Y como el aspecto del mar era cada hora y cada día más imponente, ¿de dónde había de venir el socorro, si España no podía mandarlo? Las raciones se acortaban; pronto se acabarían en absoluto. Hombres y caballos se veían amenazados de inanición, de muerte... La sangre se empobrecía, la pólvora se mojaba, los corazones eran un puro estropajo, los rayos de la guerra se convertían en pajuelas húmedas, y las almas guerreras en espectros que se asustaban unos a otros... La desolación tomó al segundo día de huracán caracteres siniestros. Los individuos más decidores apenas hablaban; cada cual consideraba en sí mismo el pavoroso infortunio, sin pedir impresiones a los demás por miedo a recibirlas peores que las propias... Los sanos parecían enfermos, y los enfermos y heridos, cadáveres que por milagro hablaban y se movían.
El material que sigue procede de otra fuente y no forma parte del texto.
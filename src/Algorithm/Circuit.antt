-- ===== src/Algorithm/Circuit.antt =====
-- Algorithm/greedy.cpp: `canCompleteCircuit`. An `int` that is a difference of gas and cost stands as the
-- pair of what was gained and what was spent, with a mark of a difference or a sum that leaves `int`.
mod Prefix
mod Lowest
pub mod Trip
use learn_note.Prelude.{
  ℕ, ◌+◌, ◌%◌, ◌==◌, Bool, false, ◌||◌, List, [], ◌∷◌, if◌then◌else◌, ltb, length,
}
use learn_note.Algorithm.Dijkstra.{int_max}

-- `sum`, `minSum` and `start`.
pub record Totals : Type 0 where
  pub gained : ℕ
  pub spent : ℕ
  pub min_gained : ℕ
  pub min_spent : ℕ
  pub start : ℕ
  pub overflow : Bool

unfoldable pub init : Totals
init = record { gained = 0; spent = 0; min_gained = 0; min_spent = 0; start = 0; overflow = false }

-- The difference is no `int`.
abbrev pub beyond_int : (gained spent : ℕ) → Bool
beyond_int gained spent = ltb (spent + int_max) gained || ltb (gained + int_max + 1) spent

-- What station `i`, with its gas and its cost, changes.
unfoldable pub pass : ℕ → (gas cost : ℕ) → Totals → Totals
pass i gas cost t =
    let gained = t.gained + gas in
    let spent = t.spent + cost in
    let overflow = t.overflow || beyond_int gas cost || beyond_int gained spent in
    if ltb (gained + t.min_spent) (t.min_gained + spent)
    then record {
      gained = gained;
      spent = spent;
      min_gained = gained;
      min_spent = spent;
      start = i + 1;
      overflow = overflow;
    }
    else record t { gained = gained; spent = spent; overflow = overflow }

-- The loop over the stations from `i` on.
unfoldable pub drive : ℕ → List (ℕ × ℕ) → Totals → Totals
unfolding pass
drive i [] t = t
drive i ((gas, cost) ∷ stations) t = drive (i + 1) stations (pass i gas cost t)

-- -1, a station, a division by no stations, or an `int` that overflows.
pub data Answer : Type 0 where
  nowhere by_zero overflowed : Answer
  station : ℕ → Answer

unfoldable pub can_complete_circuit : List (ℕ × ℕ) → Answer
unfolding init drive
can_complete_circuit stations =
    let t = drive 0 stations init in
    let n = length stations in
    if t.overflow
    then overflowed
    else (if ltb t.gained t.spent
        then nowhere
        else (if n == 0 then by_zero else station (t.start % n)))
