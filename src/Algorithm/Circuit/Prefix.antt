-- ===== src/Algorithm/Circuit/Prefix.antt =====
-- The fronts of lists that are put together.
use learn_note.Prelude.{
  ℕ, zero, suc, ◌+◌, ◌-◌, ◌≡◌, sym, ap, ◌∙◌, List, [], ◌∷◌, ◌++◌, arith, length, take, drop, min,
  take_all,
}

pub take-append :
    {A : Type 0} (k : ℕ) (xs ys : List A) → take k (xs ++ ys) ≡ take k xs ++ take (k - length xs) ys
take-append zero [] ys = ap (λ n. take n ys) {x = 0} {y = 0 - 0} (omega arith)
take-append (suc k) [] ys = ap (λ n. take n ys) {x = suc k} {y = suc k - 0} (omega arith)
take-append zero (x ∷ xs) ys = ap (λ n. take n ys) {x = 0} {y = 0 - suc (length xs)} (omega arith)
take-append (suc k) (x ∷ xs) ys = ap (◌∷◌ x) (
    take-append k xs ys
    ∙ ap (λ n. take k xs ++ take n ys) {x = k - length xs} {y = suc k - suc (length xs)}
        (omega arith))

pub take-drop :
    {A : Type 0} (s k : ℕ) (xs : List A) → take (s + k) xs ≡ take s xs ++ take k (drop s xs)
take-drop zero k xs = ap (λ n. take n xs) (omega arith)
take-drop (suc s) k [] = take_all (suc s + k) [] (omega arith) ∙ sym (take_all k [] (omega arith))
take-drop (suc s) k (x ∷ xs) =
    ap (λ n. take n (x ∷ xs)) {y = suc (s + k)} (omega arith) ∙ ap (◌∷◌ x) (take-drop s k xs)

pub take-take : {A : Type 0} (j s : ℕ) (xs : List A) → take j (take s xs) ≡ take (min j s) xs
take-take zero s xs = ap (λ n. take n xs) {x = 0} (omega arith)
take-take (suc j) zero xs =
    take_all (suc j) [] (omega arith) ∙ ap (λ n. take n xs) {x = 0} (omega arith)
take-take (suc j) (suc s) [] = sym (take_all (min (suc j) (suc s)) [] (omega arith))
take-take (suc j) (suc s) (x ∷ xs) =
    ap (◌∷◌ x) (take-take j s xs) ∙ ap (λ n. take n (x ∷ xs)) {x = suc (min j s)} (omega arith)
Arrojados de su tienda, que el viento desgarró, Leoncio y Juan se refugiaron en otras mal sostenidas con refuerzos de madera y cuerdas; las destinadas a hospitales no podían ya con más inquilinos; mezclados estuvieron los heridos con los coléricos, hasta que se ordenó separarlos, sin que la separación, por entorpecimientos materiales, pudiera ser un hecho. Prefería Santiuste salirse al campo envuelto en su manta, y aguantar allí el azote de la lluvia y el viento, a permanecer en un estrecho local donde sólo se oían quejidos de enfermos y moribundos, y el continuo lamentar y maldecir de los que no recibían lo preciso para satisfacer su hambre. Las raciones de galleta húmeda amenguaban de la mañana a la tarde, y los cocineros anunciaban la terminación de toda comida caliente por las dificultades de encender lumbre y de encontrar combustible en aquellos pantanos. Algunos soldados que querían vivir a todo trance, bajaban a la playa en busca de mariscos, y escurriéndose entre las peñas, encontraban lapas, erizos y caracoles con que engañar su rabioso apetito.

Hecho un ovillo, arrimado al socaire de una de las tiendas que parecían más sólidas, Santiuste conllevaba cristianamente su honda tristeza, su inanición y su calentura. La quietud en que se mantenía, ayudábale al adormecimiento que le hacía olvidar la realidad o apartarse de ella. Entregábase con deleite a la modorra febril, deseando que no tuviera fin y que le llevase al descanso eterno. Los efectos combinados de la calentura y el pensar producían en él un estado parecido al nirvana, o el éxtasis que transporta al cielo las almas semíticas sacándolas temporalmente de sus cuerpos extenuados.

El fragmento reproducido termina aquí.